The beauty of this film lay in its honesty, which is brutal at the very least (perhaps this is why the last reviewer use the word repugnant). not only does it go a good job at capturing the downward spiral of someone who has lost it all, but it captures the despair and misery of losing it all to alcoholism.
the movie also is honest about relationships. too often movies establish an unrealistic, trite and superficial love story that just comes off as puke-evoking. the beauty of shue and cage's relationship is how each accept each other unconditionally despite their flaws - she a las vegas prostitute, and he a raging alcoholic there to drink himself to death, which he openly admits to her. at one point in the movie cage says to her, "you can never ask me to stop drinking." chilling.
it's witty, humorous and sad in all the right combinations. to this day (i just said it again the other day), it remains as one of my Top 10 movies of all time.
see the movie. even after a decade or more in the can, this movie still holds its own to this day.
The poor picture quality in this title most likely stems from the decision to cram both a widescreen and fullscreen version of this 2-hour movie on the same side of a single-layer DVD. Something had to give, and in this case, it was the compression ratio, leading to extraordinarily poor picture quality.

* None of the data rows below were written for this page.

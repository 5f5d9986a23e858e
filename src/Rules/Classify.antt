-- ===== src/Rules/Classify.antt =====
-- What `classify_domain` answers: the application of the one rule that the domain lies under.
use dpi_engine_python.Prelude.{
  ◌≡◌, ◌≢◌, refl, sym, ap, inl, inr, Bool, true, false, not, ◌&&◌, Option, none, some, List, [],
  ◌∷◌, arith, Bool-cases, In, all,
}
use dpi_engine_python.Text.{Str, lower, lower_code, lower_idem, is_space, strip}
use dpi_engine_python.Types.{AppType, unknown}
use dpi_engine_python.Rules.{
  RuleManager, default_domain_rules, normalize, is_under, first_app, classify_domain,
}
use dpi_engine_python.Rules.Domains.{
  IsUnder, is_under_iff, IsUnder-linear, is_clean, normalize-IsUnder, normalize_of_clean,
}

-- Neither of two rules covers the other.
abbrev apart : Str → Str × AppType → Bool
apart r e =
    let s = normalize e.0 in not (is_under s (normalize r)) && not (is_under (normalize r) s)

-- No rule of the table covers another.
abbrev pub separate : List (Str × AppType) → Bool
separate [] = true
separate ((r, a) ∷ rules) = all (apart r) rules && separate rules

apart_at :
    (r : Str) (rules : List (Str × AppType)) (x : Str × AppType)
    → all (apart r) rules ≡ true
    → In x rules
    → apart r x ≡ true
apart_at r [] x h found = absurd found
apart_at r (e ∷ rules) x h (inl same) = rw (sym same) (ground arith)
apart_at r (e ∷ rules) x h (inr later) = apart_at r rules x (ground arith) later

apart-IsUnder :
    (d r s : Str) (b : AppType)
    → apart r (s, b) ≡ true
    → IsUnder d (normalize s)
    → is_under d (normalize r) ≡ false
apart-IsUnder d r s b h under = elim (Bool-cases (is_under d (normalize r))) [
  | inr off ↦ off
  | inl on ↦ absurd (elim (IsUnder-linear ((is_under_iff d (normalize r)).0 on) under) [
    | inl u ↦ ground (arith, (is_under_iff (normalize s) (normalize r)).1 u)
    | inr u ↦ ground (arith, (is_under_iff (normalize r) (normalize s)).1 u)
  ])
]

-- In a table with no rule under another, any rule that covers the domain decides.
first_app_complete :
    (d : Str) (rules : List (Str × AppType)) (r : Str) (a : AppType)
    → separate rules ≡ true
    → In (r, a) rules
    → IsUnder d (normalize r)
    → first_app d rules ≡ a
unfolding first_app
first_app_complete d [] r a sep found under = absurd found
first_app_complete d ((s, b) ∷ rules) r a sep (inl same) under =
    let hit = (is_under_iff d (normalize r)).1 under in ground arith
first_app_complete d ((s, b) ∷ rules) r a sep (inr later) under =
    let off = apart-IsUnder d s r a (apart_at s rules (r, a) (ground arith) later) under in
    rw off (first_app_complete d rules r a (ground arith) later under)

first_app_sound :
    (d : Str) (rules : List (Str × AppType)) (a : AppType)
    → first_app d rules ≡ a
    → a ≢ unknown
    → (r : Str) × In (r, a) rules × IsUnder d (normalize r)
unfolding first_app
first_app_sound d [] a e ne = absurd (ne (sym e))
first_app_sound d ((s, b) ∷ rules) a e ne = elim (Bool-cases (is_under d (normalize s))) [
  | inl on ↦
      let same : b ≡ a = ground arith in
      (s, inl (ap (λ x. (s, x)) same), (is_under_iff d (normalize s)).0 on)
  | inr off ↦
      let (r, found, under) = first_app_sound d rules a (rw off at e) ne in (r, inr found, under)
]

module _ (m : RuleManager) where
  -- An application other than UNKNOWN is that of a rule which the normalised domain lies under.
  pub classify_domain_sound :
      (domain : Option Str) (app : AppType)
      → classify_domain m domain ≡ app
      → app ≢ unknown
      → (d r : Str) × (domain ≡ some d)
        × In (r, app) m.domain_rules
        × IsUnder (normalize d) (normalize r)
  unfolding classify_domain
  classify_domain_sound (some (c ∷ cs)) app e ne =
      let (r, found, under) = first_app_sound (normalize (c ∷ cs)) m.domain_rules app e ne in
      (c ∷ cs, r, refl, found, under)
  classify_domain_sound none app e ne = absurd (ne (sym e))
  classify_domain_sound (some []) app e ne = absurd (ne (sym e))

  -- Letter case does not matter to classification.
  pub classify_domain-lower :
      (d : Str) → classify_domain m (some (lower d)) ≡ classify_domain m (some d)
  unfolding classify_domain normalize
  classify_domain-lower [] = refl
  classify_domain-lower (c ∷ cs) = rw (lower_idem (c ∷ cs))

default_separate : separate default_domain_rules ≡ true
unfolding normalize strip lower_code is_space
default_separate = refl

-- Each rule of the built-in table is written as normalisation leaves it.
default_clean : all (λ e. is_clean e.0) default_domain_rules ≡ true
unfolding lower_code is_space
default_clean = refl

clean_at :
    (rules : List (Str × AppType)) (x : Str × AppType)
    → all (λ e. is_clean e.0) rules ≡ true
    → In x rules
    → is_clean x.0 ≡ true
clean_at [] x h found = absurd found
clean_at (e ∷ rules) x h (inl same) = rw (sym same) (ground arith)
clean_at (e ∷ rules) x h (inr later) = clean_at rules x (ground arith) later

-- With the built-in table, a domain, not empty, that is a rule's domain or any subdomain of it gets
-- that rule's application, wherever the rule stands in the table.
pub classify_domain-default :
    (m : RuleManager) (domain rule : Str) (app : AppType)
    → m.domain_rules ≡ default_domain_rules
    → In (rule, app) default_domain_rules
    → IsUnder domain rule
    → domain ≢ []
    → classify_domain m (some domain) ≡ app
unfolding classify_domain
classify_domain-default m [] rule app table found under ne = absurd (ne refl)
classify_domain-default m (c ∷ cs) rule app table found under ne =
    let clean = clean_at default_domain_rules (rule, app) default_clean found in
    let below = normalize-IsUnder (c ∷ cs) rule clean under in
    rw table (
      first_app_complete (normalize (c ∷ cs)) default_domain_rules rule app default_separate found
        (rw (normalize_of_clean rule clean) below))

If the producers felt compelled to include the fullscreen version, they could have at least done us all the favor of putting it on the flip side. If you appreciate high-quality visuals in your movies (and why else would you have bought that DVD player?) pass on this one until they come out with a less-compressed version.
On the positive side, the movie itself is one of the better ones I've seen, and definitely justifies a rental of this title if you haven't seen it before. The Dolby Digital 5.1 soundtrack is exceptional (I'd rate it a 5, vice Amazon's 4), and the background music is both well-chosen and very well-mixed. If you have a 5 or 6 speaker Dolby Digital setup, you'll feel as if you're actually in the movie, with the jazz music and sound effects emanating from all around you. It's a crime about the picture, though.